------ Record excerpts

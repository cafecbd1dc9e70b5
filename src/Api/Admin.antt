-- ===== src/Api/Admin.antt =====
-- api.go: the administrators' tokens: login, logout, service tokens and the check in front of every
-- administrator's handler. Signed tokens (JWT) and the hash of a token are other projects' work.
pub mod Blocked
pub mod Logout
use reach.Api.Agents.Messages.{bearer_of}
use reach.Base.Result.{Result, ok, err}
use reach.Base.Utf8.{trim_space}
use reach.Base.{
  ℕ, ◌<◌, ◌≡◌, Bool, true, false, not, ◌&&◌, ◌||◌, List, [], ◌∷◌, ◌++◌, Option, none, some, ltb,
  if◌then◌else◌, any, find, select, update, length, Text, codes, same, has_prefix, trim_prefix,
}
use reach.Model.{Time}
use reach.Security.Secrets.{Crypto, verify_secret}
use reach.Store.{Db, User, ServiceToken, Blacklisted, audit}

pub record Claims : Type 0 where
  pub user_id : Text
  pub username : Text
  pub role : Text
  pub expires_at : Option Time

-- `SignJWT` and `ParseJWT` under the hub's secret, and `TokenHash`. The parser refuses a token from
-- the time of its expiry on, and reads the same expiry at each time.
pub record Tokens : Type 0 where
  pub sign : Time → Text → Text → Text → Option Text
  pub parse : Time → Text → Option Claims
  pub parse_live :
      (now : Time) (token : Text) (c : Claims) (e : Time)
      → parse now token ≡ some c
      → c.expires_at ≡ some e
      → now < e
  pub parse_same :
      (now now' : Time) (token : Text) (c c' : Claims)
      → parse now token ≡ some c
      → parse now' token ≡ some c'
      → c.expires_at ≡ c'.expires_at
  pub token_hash : Text → Text

pub data AuthKind : Type 0 where
  jwt service : AuthKind

unfoldable pub is_jwt : AuthKind → Bool
is_jwt AuthKind.jwt = true
is_jwt AuthKind.service = false

pub data AdminRefusal : Type 0 where
  missing_bearer invalid_token forbidden rate_limited bad_credentials could_not_sign missing_expiry
        not_interactive label_too_long bad_role no_token not_stored :
      AdminRefusal

unfoldable pub admin_role_allowed : Text → Text → Bool
unfolding same
admin_role_allowed role path =
    (same role (codes "owner") || same role (codes "admin"))
    || (same role (codes "mac-agent")
        && (same path (codes "/api/admin/ssh-config")
            || same path (codes "/api/admin/events")
            || same path (codes "/api/admin/logout")))

-- `DELETE FROM jwt_blacklist WHERE expires_at<=?`
abbrev pub purge : Time → List Blacklisted → List Blacklisted
purge now = select (λ b. ltb now b.expires_at)

abbrev pub is_live_token : Text → ServiceToken → Bool
is_live_token hash s = same s.token_hash hash && elim s.revoked_at [ none ↦ true | some _ ↦ false ]

abbrev pub used_row : Time → ServiceToken → ServiceToken
used_row now s = record s { last_used_at = some now }

abbrev pub revoked_row : Time → ServiceToken → ServiceToken
revoked_row now s = record s { revoked_at = some now }

abbrev pub or_word : Text → Text → Text
or_word [] d = d
or_word (c ∷ s) d = c ∷ s

module _ (t : Tokens) where
  unfoldable pub is_jwt_blacklisted : Time → Text → Db → Db × Bool
  unfolding same
  is_jwt_blacklisted now token db =
      let rows = purge now db.blacklist in
      (
        record db { blacklist = rows },
        any (λ b. same b.token_hash (t.token_hash token) && ltb now b.expires_at) rows,
      )

  unfoldable pub blacklist_jwt : Time → Text → Time → Db → Db
  unfolding same
  blacklist_jwt now token expires_at db =
      let hash = t.token_hash token in
      record db {
        blacklist =
            select (λ b. not (same b.token_hash hash)) (purge now db.blacklist)
            ++ record { token_hash = hash; expires_at = expires_at; created_at = now } ∷ [];
      }

  unfoldable pub parse_service_token : Time → Text → Db → Db × Option Claims
  unfolding same
  parse_service_token now token db =
      elim (find (is_live_token (t.token_hash token)) db.service_tokens) [
        | none ↦ (db, none)
        | some s ↦ (
          record db {
            service_tokens = update (λ x. same x.id s.id) (used_row now) db.service_tokens;
          },
          some (record {
            user_id = s.id;
            username = codes "service:" ++ s.label;
            role = s.role;
            expires_at = none;
          }),
        )
      ]

  unfoldable pub revoke_service_token : Time → Text → Db → Db
  unfolding same
  revoke_service_token now token db = record db {
    service_tokens =
        update (is_live_token (t.token_hash token)) (revoked_row now) db.service_tokens;
  }

  abbrev pub by_jwt : Claims → Db × Bool → Db × Option (Claims × AuthKind)
  by_jwt c (db, true) = (db, none)
  by_jwt c (db, false) = (db, some (c, AuthKind.jwt))

  abbrev pub by_service : Db × Option Claims → Db × Option (Claims × AuthKind)
  by_service (db, none) = (db, none)
  by_service (db, some c) = (db, some (c, AuthKind.service))

  unfoldable pub authenticate_admin_token : Time → Text → Db → Db × Option (Claims × AuthKind)
  unfolding is_jwt_blacklisted parse_service_token
  authenticate_admin_token now token db = elim (t.parse now token) [
    | some c ↦ by_jwt c (is_jwt_blacklisted now token db)
    | none ↦ by_service (parse_service_token now token db)
  ]

  -- What the check in front of a handler gives to it.
  pub record Session : Type 0 where
    pub claims : Claims
    pub token : Text
    pub kind : AuthKind

  abbrev pub admitted :
      Text → Text → Db × Option (Claims × AuthKind) → Db × Result AdminRefusal Session
  admitted path token (db, none) = (db, err invalid_token)
  admitted path token (db, some (c, k)) =
      if admin_role_allowed c.role path
      then (db, ok (record { claims = c; token = token; kind = k }))
      else (db, err forbidden)

  -- `admin`
  unfoldable pub admin_session : Time → Text → Text → Db → Db × Result AdminRefusal Session
  unfolding authenticate_admin_token admin_role_allowed bearer_of
  admin_session now authorization path db = elim (bearer_of authorization) [
    | none ↦ (db, err missing_bearer)
    | some token ↦ admitted path token (authenticate_admin_token now token db)
  ]

  abbrev signed : Option Text → Result AdminRefusal Text
  signed none = err could_not_sign
  signed (some token) = ok token

  -- `handleAdminLogin`; the flag is what the limiter of logins answers.
  unfoldable pub admin_login : Crypto → Bool → Time → Text → Text → Db → Result AdminRefusal Text
  unfolding same verify_secret
  admin_login c false now username password db = err rate_limited
  admin_login c true now username password db =
      elim (find (λ u. same u.username username) db.users) [
        | none ↦ err bad_credentials
        | some u ↦
            if verify_secret c password u.password_hash
            then signed (t.sign now u.id u.username u.role)
            else err bad_credentials
      ]

  abbrev pub jwt_logout : Time → Text → Option Time → Db → Db × Result AdminRefusal (Unit {0})
  jwt_logout now token none db = (db, err missing_expiry)
  jwt_logout now token (some e) db = (blacklist_jwt now token e db, ok tt)

  -- `handleAdminLogout` behind the check.
  unfoldable pub log_out : Time → Session → Db → Db × Result AdminRefusal (Unit {0})
  unfolding blacklist_jwt revoke_service_token same is_jwt
  log_out now s db =
      if same s.token []
      then (db, err no_token)
      else if is_jwt s.kind
      then jwt_logout now s.token s.claims.expires_at db
      else (revoke_service_token now s.token db, ok tt)

  abbrev pub then_log_out :
      Time → Db × Result AdminRefusal Session → Db × Result AdminRefusal (Unit {0})
  then_log_out now (db, err e) = (db, err e)
  then_log_out now (db, ok s) = log_out now s db

  unfoldable pub admin_logout : Time → Text → Db → Db × Result AdminRefusal (Unit {0})
  unfolding admin_session log_out
  admin_logout now authorization db =
      then_log_out now (admin_session now authorization (codes "/api/admin/logout") db)

  -- What a new service token is asked for, and what is drawn for it.
  pub record NewToken : Type 0 where
    pub label : Text
    pub role : Text
    pub id : Option Text
    pub token : Option Text

  -- `INSERT INTO service_tokens`, with its keys.
  abbrev pub insert_token :
      Time → Text → Text → Text → Text → Db → Db × Result AdminRefusal (Text × Text)
  insert_token now actor label id token db =
      if any (λ s. same s.id id || same s.token_hash (t.token_hash token)) db.service_tokens
      then (db, err not_stored)
      else (
        audit (codes "service_token.create") actor []
            (codes "id=" ++ (id ++ (codes " label=" ++ (label ++ codes " role=mac-agent")))) now
            (record db {
              service_tokens =
                  db.service_tokens
                  ++ record {
                    id = id;
                    label = label;
                    token_hash = t.token_hash token;
                    role = codes "mac-agent";
                    created_by = actor;
                    created_at = now;
                    last_used_at = none;
                    revoked_at = none;
                  }
                    ∷ [];
            }),
        ok (id, token),
      )

  abbrev pub drawn_token :
      Time → Text → Text → Option Text → Option Text → Db → Db × Result AdminRefusal (Text × Text)
  drawn_token now actor label (some id) (some token) db = insert_token now actor label id token db
  drawn_token now actor label _ _ db = (db, err no_token)

  -- `handleCreateServiceToken` behind the check.
  unfoldable pub create_service_token :
      Time → Session → NewToken → Db → Db × Result AdminRefusal (Text × Text)
  unfolding same is_jwt trim_space
  create_service_token now s n db =
      let label = or_word (trim_space n.label) (codes "reach-mac-agent") in
      let role = or_word (trim_space n.role) (codes "mac-agent") in
      if not (is_jwt s.kind)
      then (db, err not_interactive)
      else if ltb 64 (length label)
      then (db, err label_too_long)
      else if not (same role (codes "mac-agent"))
      then (db, err bad_role)
      else drawn_token now s.claims.username label n.id n.token db

  abbrev pub then_create :
      Time → NewToken → Db × Result AdminRefusal Session → Db × Result AdminRefusal (Text × Text)
  then_create now n (db, err e) = (db, err e)
  then_create now n (db, ok s) = create_service_token now s n db

  unfoldable pub admin_create_token :
      Time → Text → NewToken → Db → Db × Result AdminRefusal (Text × Text)
  unfolding admin_session create_service_token
  admin_create_token now authorization n db =
      then_create now n (admin_session now authorization (codes "/api/admin/service-tokens") db)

------------

▶ What the exercise asks: Set down, unchanged, only those lines above that fall between the line with "purge now = select" and the line with "abbrev pub used_row", the two end lines included.

▶ Answer area:
purge now = select (λ b. ltb now b.expires_at)

abbrev pub is_live_token : Text → ServiceToken → Bool
is_live_token hash s = same s.token_hash hash && elim s.revoked_at [ none ↦ true | some _ ↦ false ]

abbrev pub used_row : Time → ServiceToken → ServiceToken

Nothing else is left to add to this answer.